*** Task inputs

-- ===== src/Coap/Put.antt =====
-- sensorsUnleashed/resources/res-susensors.c, `res_susensor_puthandler`.
use Prim.Native.String.{String}
use contiki_device_link.Common.{
  ℕ, zero, ◌+◌, ◌*◌, Bool, List, [], ◌∷◌, Option, none, some, if◌then◌else◌, ◌==◌, leb, length, set,
}
use contiki_device_link.Common.Int.{ℤ, pos}
use contiki_device_link.Contiki.{Memb, Lists}
use contiki_device_link.Cmp.{Codec}
use contiki_device_link.Sensor.{JoinPair, Sensor}
use contiki_device_link.Sensor.Config.{eventsetup_set, suconfig, cp_encode_object}
use contiki_device_link.Device.{Device}
use contiki_device_link.ReverseNotify.{Cfs}
use contiki_device_link.Pairing.{Pairing, pairing_assemble_message, pairing_handle}
use contiki_device_link.Pairing.Flash.{Name, Flash, store_sensor_pair, pairing_remove_all}
use contiki_device_link.Pairing.Flash.Remove.{pairing_remove}
use contiki_device_link.Coap.{
  ok, created, changed, bad_request, not_modified, internal_server_error, request_entity_too_large,
  Request, Response, unset, with_status, with_payload, say, with_text, find_command, Handlers,
  Board, find_device,
}

abbrev pub large_update_store : ℕ
large_update_store = 200

pub data PutCommand : Type 0 where
  post_event eventsetup pair_remove_index pair_remove_all join : PutCommand

-- The chain of commands; the variable "setCommand" is asked for behind "postEvent".
abbrev pub first_commands : List (String × PutCommand)
first_commands = ("postEvent", post_event) ∷ []

abbrev pub later_commands : List (String × PutCommand)
later_commands =
    ("eventsetup", eventsetup)
    ∷ ("pairRemoveIndex", pair_remove_index)
    ∷ ("pairRemoveAll", pair_remove_all)
    ∷ ("join", join)
    ∷ []

-- the answer to a code of `pairing_handle`
unfoldable pub answer_join : Response → ℕ → Response
answer_join r code =
    if code == 0
    then record r { status = some created }
    else (if code == 1
        then say r bad_request "IPAdress wrong"
        else (if code == 2
            then say r bad_request "Destination URI wrong"
            else (if code == 3
                then record r { status = some internal_server_error }
                else (if code == 4
                    then say r bad_request "Source URI wrong"
                    else (if code == 5 then record r { status = some not_modified } else r)))))

-- the answer to a code of `pairing_remove`; 1 is none of its cases
unfoldable pub answer_remove : ℕ → Response
answer_remove code =
    if code == 0
    then with_status changed
    else (if code == 2
        then with_status internal_server_error
        else (if code == 3
            then with_status not_modified
            else (if code == 4 then with_status bad_request else unset)))

module _ {S P M : Type 0} where
  abbrev with_device : Board S P M → ℕ → Device S → Board S P M
  with_device b i d = record b { devices = set b.devices i d }

  abbrev with_sensor : Board S P M → ℕ → Device S → Sensor → Board S P M
  with_sensor b i d s = with_device b i (record d { sensor = s })

  -- "postEvent"
  unfoldable pub put_event :
      Handlers S → Board S P M → ℕ → Device S → Request → Option (Response × Board S P M)
  put_event h b i d request = elim (h.eventhandler d request.payload) [
    | none ↦ none
    | some (ret, e) ↦ some (with_status (if ret == 0 then ok else bad_request), with_device b i e)
  ]

  -- "setCommand". Without a value the object that is sent is undefined.
  unfoldable pub put_command :
      Codec
      → (List ℕ → ℤ)
      → Handlers S
      → Board S P M
      → ℕ
      → Device S
      → List ℕ
      → Option (Response × Board S P M)
  put_command codec strtol h b i d command = elim (h.value d (strtol command)) [
    | none ↦ none
    | some (ret, e) ↦
        if ret == 0
        then elim (h.status e) [
          | none ↦ none
          | some o ↦
              some (with_payload (with_status ok) (cp_encode_object codec o), with_device b i e)
        ]
        else some (with_status bad_request, with_device b i e)
  ]

  -- "eventsetup"
  unfoldable pub put_eventsetup :
      Codec → Board S P M → ℕ → Device S → Request → Response × Board S P M
  put_eventsetup codec b i d request =
      if length request.payload == 0
      then (with_text bad_request "no payload in query", b)
      else (let r = suconfig codec d.sensor eventsetup_set request.payload in
          (
            with_status (elim (r.ret) [ pos zero ↦ changed | _ ↦ bad_request ]),
            with_sensor b i d r.sensor,
          ))

  module _ (codec : Codec) (cfs : Cfs) (can_open : Flash → Name → Bool)
      (mmem_free : M → List ℕ → M) where
    -- "pairRemoveIndex"
    unfoldable pub put_remove_index :
        Board S P M → Device S → Request → Option (Response × Board S P M)
    put_remove_index b d request =
        elim (pairing_remove codec cfs can_open (record { flash = b.flash; assembly = b.assembly })
          d.sensor request.payload) [
            | none ↦ none
            | some (ret, st) ↦
                some (answer_remove ret, record b { flash = st.flash; assembly = st.assembly })
          ]

    -- "pairRemoveAll"
    unfoldable pub put_remove_all : Board S P M → ℕ → Device S → Option (Response × Board S P M)
    put_remove_all b i d = elim (pairing_remove_all mmem_free b.mmem b.flash d.sensor) [
      | none ↦ none
      | some r ↦ some (
        with_status (if r.ret == 0 then changed else bad_request),
        record (with_sensor b i d r.device) { flash = r.flash; mmem = r.mmem },
      )
    ]

-- `store_SensorPair` of the message that `pairing_handle` stores, if it does
unfoldable pub store_messages :
    Codec → (Flash → Name → Bool) → Flash → Sensor → List (List ℕ) → Option Flash
store_messages codec can_open f s [] = some f
store_messages codec can_open f s (m ∷ ms) = elim (store_sensor_pair can_open codec f s m) [
  | none ↦ none
  | some g ↦ store_messages codec can_open g s ms
]

-- `block_of` is what `memb_alloc` leaves in the block that it gives.
module _ {S M : Type 0} (codec : Codec) (memb : Memb) (lists : Lists JoinPair)
    (mmem_alloc : M → ℕ → Option M) (block_of : memb.State → JoinPair)
    (can_open : Flash → Name → Bool) where
  -- the end of "join", with the whole message
  unfoldable pub finish_join :
      Response → Board S memb.State M → ℕ → Device S → Option (Response × Board S memb.State M)
  finish_join r b i d =
      let p : Pairing memb.State M = record {
        assembly = b.assembly;
        pool = b.pool;
        mmem = b.mmem;
        device = d.sensor;
        stored = [];
        posted = b.posted;
      } in
      elim (pairing_handle codec memb lists mmem_alloc p (block_of b.pool)) [
        | none ↦ none
        | some (code, t) ↦ elim (store_messages codec can_open b.flash d.sensor t.stored) [
          | none ↦ none
          | some f ↦ some (
            answer_join r code,
            record b {
              devices = set b.devices i (record d { sensor = t.device });
              flash = f;
              assembly = t.assembly;
              pool = t.pool;
              mmem = t.mmem;
              posted = t.posted;
            },
          )
        ]
      ]

  -- "join", for one block of the message. A block that is not stored leaves the response as it is.
  unfoldable pub put_join :
      Board S memb.State M → ℕ → Device S → Request → Option (Response × Board S memb.State M)
  put_join b i d request =
      let len = length request.payload in
      if len == 0
      then some (unset, b)
      else (if leb (request.block1_num * request.block1_size + len) large_update_store
          then elim (pairing_assemble_message b.assembly request.payload request.block1_num) [
            | none ↦ none
            | some (ret, a) ↦
                let c = record b { assembly = a } in
                let r =
                  if ret == 0
                  then record (with_status changed) {
                    block1 = some (request.block1_num, request.block1_size);
                  }
                  else unset in
                if request.block1_more then some (r, c) else finish_join r c i d
          ]
          else some (with_status request_entity_too_large, b))

  module _ (cfs : Cfs) (mmem_free : M → List ℕ → M) (strtol : List ℕ → ℤ) (has_sub_resources : ℕ)
      (handlers : Device S → Handlers S) where
    unfoldable pub put_later :
        Board S memb.State M
        → ℕ
        → Device S
        → Request
        → Option PutCommand
        → Option (Response × Board S memb.State M)
    put_later b i d request none = some (unset, b)
    put_later b i d request (some post_event) = put_event (handlers d) b i d request
    put_later b i d request (some eventsetup) = some (put_eventsetup codec b i d request)
    put_later b i d request (some pair_remove_index) =
        put_remove_index codec cfs can_open mmem_free b d request
    put_later b i d request (some pair_remove_all) =
        put_remove_all codec cfs can_open mmem_free b i d
    put_later b i d request (some join) = put_join b i d request

    unfoldable pub put_device :
        Board S memb.State M → ℕ → Device S → Request → Option (Response × Board S memb.State M)
    put_device b i d request =
        if length request.query == 0
        then some (unset, b)
        else elim (find_command first_commands request.query) [
          | some c ↦ put_later b i d request (some c)
          | none ↦ elim (request.set_command) [
            | some command ↦ put_command codec strtol (handlers d) b i d command
            | none ↦ put_later b i d request (find_command later_commands request.query)
          ]
        ]

    unfoldable pub res_susensor_puthandler :
        Board S memb.State M → Request → Option (Response × Board S memb.State M)
    res_susensor_puthandler b request =
        if request.is_octet_stream
        then elim (find_device has_sub_resources b.devices request.url (length request.url)) [
          | none ↦ some (unset, b)
          | some (i, d) ↦ put_device b i d request
        ]
        else some (with_text bad_request "msgPacked, octet-stream only", b)
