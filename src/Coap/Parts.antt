-- ===== src/Coap/Parts.antt =====
-- The "join" request of res-susensors.c, sent in blocks.
use contiki_device_link.Common.{
  ℕ, ◌+◌, ◌*◌, ◌≤◌, ◌<◌, ◌≡◌, refl, ap, Bool, true, false, List, [], ◌∷◌, Option, none, some, ◌==◌,
  leb, length, arith, Bool-cases, Option-cases, inl, inr,
}
use contiki_device_link.Contiki.{Memb, Lists}
use contiki_device_link.Cmp.{Codec}
use contiki_device_link.Sensor.{JoinPair}
use contiki_device_link.Device.{Device}
use contiki_device_link.Pairing.{Assembly, buffersize, pairing_assemble_message}
use contiki_device_link.Pairing.Assemble.{assemble, joined, IsAssembled, assemble-IsAssembled}
use contiki_device_link.Pairing.Flash.{Name, Flash}
use contiki_device_link.Coap.{Request, Response, with_status, changed, Board}
use contiki_device_link.Coap.Put.{put_join}

-- a part of a message, as block `num` of blocks of `size` bytes
abbrev pub block : Request → ℕ → ℕ → Bool → List ℕ → Request
block request num size more bytes = record request {
  payload = bytes;
  block1_num = num;
  block1_size = size;
  block1_more = more;
}

-- the answer to a block that is not the last
abbrev pub continue : ℕ → ℕ → Response
continue num size = record (with_status changed) { block1 = some (num, size) }

-- each part has bytes, and ends before byte 200 of the blocks
abbrev pub HaveRoom : ℕ → ℕ → List (List ℕ) → Type 0
HaveRoom num size [] = Unit
HaveRoom num size (p ∷ ps) =
    (0 < length p) × (num * size + length p ≤ 200) × HaveRoom (num + 1) size ps

abbrev pub continues : ℕ → ℕ → List (List ℕ) → List Response
continues num size [] = []
continues num size (p ∷ ps) = continue num size ∷ continues (num + 1) size ps

module _ {S M : Type 0} (codec : Codec) (memb : Memb) (lists : Lists JoinPair)
    (mmem_alloc : M → ℕ → Option M) (block_of : memb.State → JoinPair)
    (can_open : Flash → Name → Bool) where
  -- the blocks from number `num` on, each with more to come: the answers, and the board
  pub send_parts :
      Board S memb.State M
      → ℕ
      → Device S
      → Request
      → ℕ
      → ℕ
      → List (List ℕ)
      → Option (List Response × Board S memb.State M)
  send_parts b i d request num size [] = some ([], b)
  send_parts b i d request num size (p ∷ ps) =
      elim (put_join codec memb lists mmem_alloc block_of can_open b i d
        (block request num size true p)) [
          | none ↦ none
          | some (r, c) ↦ elim (send_parts c i d request (num + 1) size ps) [
            | none ↦ none
            | some (rs, e) ↦ some (r ∷ rs, e)
          ]
        ]

  send_parts-assemble :
      (ps : List (List ℕ)) (b : Board S memb.State M) (i : ℕ) (d : Device S) (request : Request)
      (num size : ℕ) (a : Assembly)
      → HaveRoom num size ps
      → assemble b.assembly ps num ≡ some a
      → send_parts b i d request num size ps
        ≡ some (continues num size ps, record b { assembly = a })
  unfolding send_parts put_join assemble
  send_parts-assemble [] b i d request num size a rooms e =
      ap (λ o. some ([], record b { assembly = (elim o [ none ↦ b.assembly | some x ↦ x ]) })) e
  send_parts-assemble (p ∷ ps) b i d request num size a rooms e =
      elim (Option-cases (pairing_assemble_message b.assembly p num)) [
        | inl undefined ↦ absurd (cc (rw (undefined, assemble) at e))
        | inr ((ret, c), gives) ↦ elim (Bool-cases (ret == 0)) [
          | inr refused ↦ absurd (cc (rw (refused, assemble) at (rw (gives, assemble) at e)))
          | inl stored ↦
              let some_bytes : (length p == 0) ≡ false = ground (arith, rooms.0) in
              let small : leb (num * size + length p) 200 ≡ true = ground (arith, rooms.1) in
              let rest =
                send_parts-assemble ps (record b { assembly = c }) i d request (num + 1) size a
                  rooms.2 (rw (stored, assemble) at (rw (gives, assemble) at e)) in
              rw (some_bytes, send_parts, put_join) (rw small (rw gives (rw rest (rw stored refl))))
        ]
      ]

  -- The first parts of a message, 300 bytes at most together, that are put as blocks of a size, each with more to
  -- come, and each with a byte or more that end before byte 200 where the block's number and size place it:
  -- they are each answered with CHANGED and the block's number, whatever was in the buffer before; after
  -- them the buffer holds the parts joined, and nothing else is changed.
  pub send_parts-IsAssembled :
      (b : Board S memb.State M) (i : ℕ) (d : Device S) (request : Request) (size : ℕ) (p : List ℕ)
      (ps : List (List ℕ))
      → HaveRoom 0 size (p ∷ ps)
      → length (joined (p ∷ ps)) ≤ buffersize
      → (a : Assembly) × (send_parts b i d request 0 size (p ∷ ps)
          ≡ some (continues 0 size (p ∷ ps), record b { assembly = a }))
        × IsAssembled a (joined (p ∷ ps))
  send_parts-IsAssembled b i d request size p ps rooms fits =
      let (a, stored, v) = assemble-IsAssembled b.assembly p ps fits in
      (a, send_parts-assemble (p ∷ ps) b i d request 0 size a rooms stored, v)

******

| Problem details |
Please give an exact copy of the entries above, from the line with "else (if leb" down to the line with "then record (with_status", inclusive, and nothing else.

| Solution to this exercise |
      else (if leb (request.block1_num * request.block1_size + len) large_update_store
          then elim (pairing_assemble_message b.assembly request.payload request.block1_num) [
            | none ↦ none
            | some (ret, a) ↦
                let c = record b { assembly = a } in
                let r =
                  if ret == 0
                  then record (with_status changed) {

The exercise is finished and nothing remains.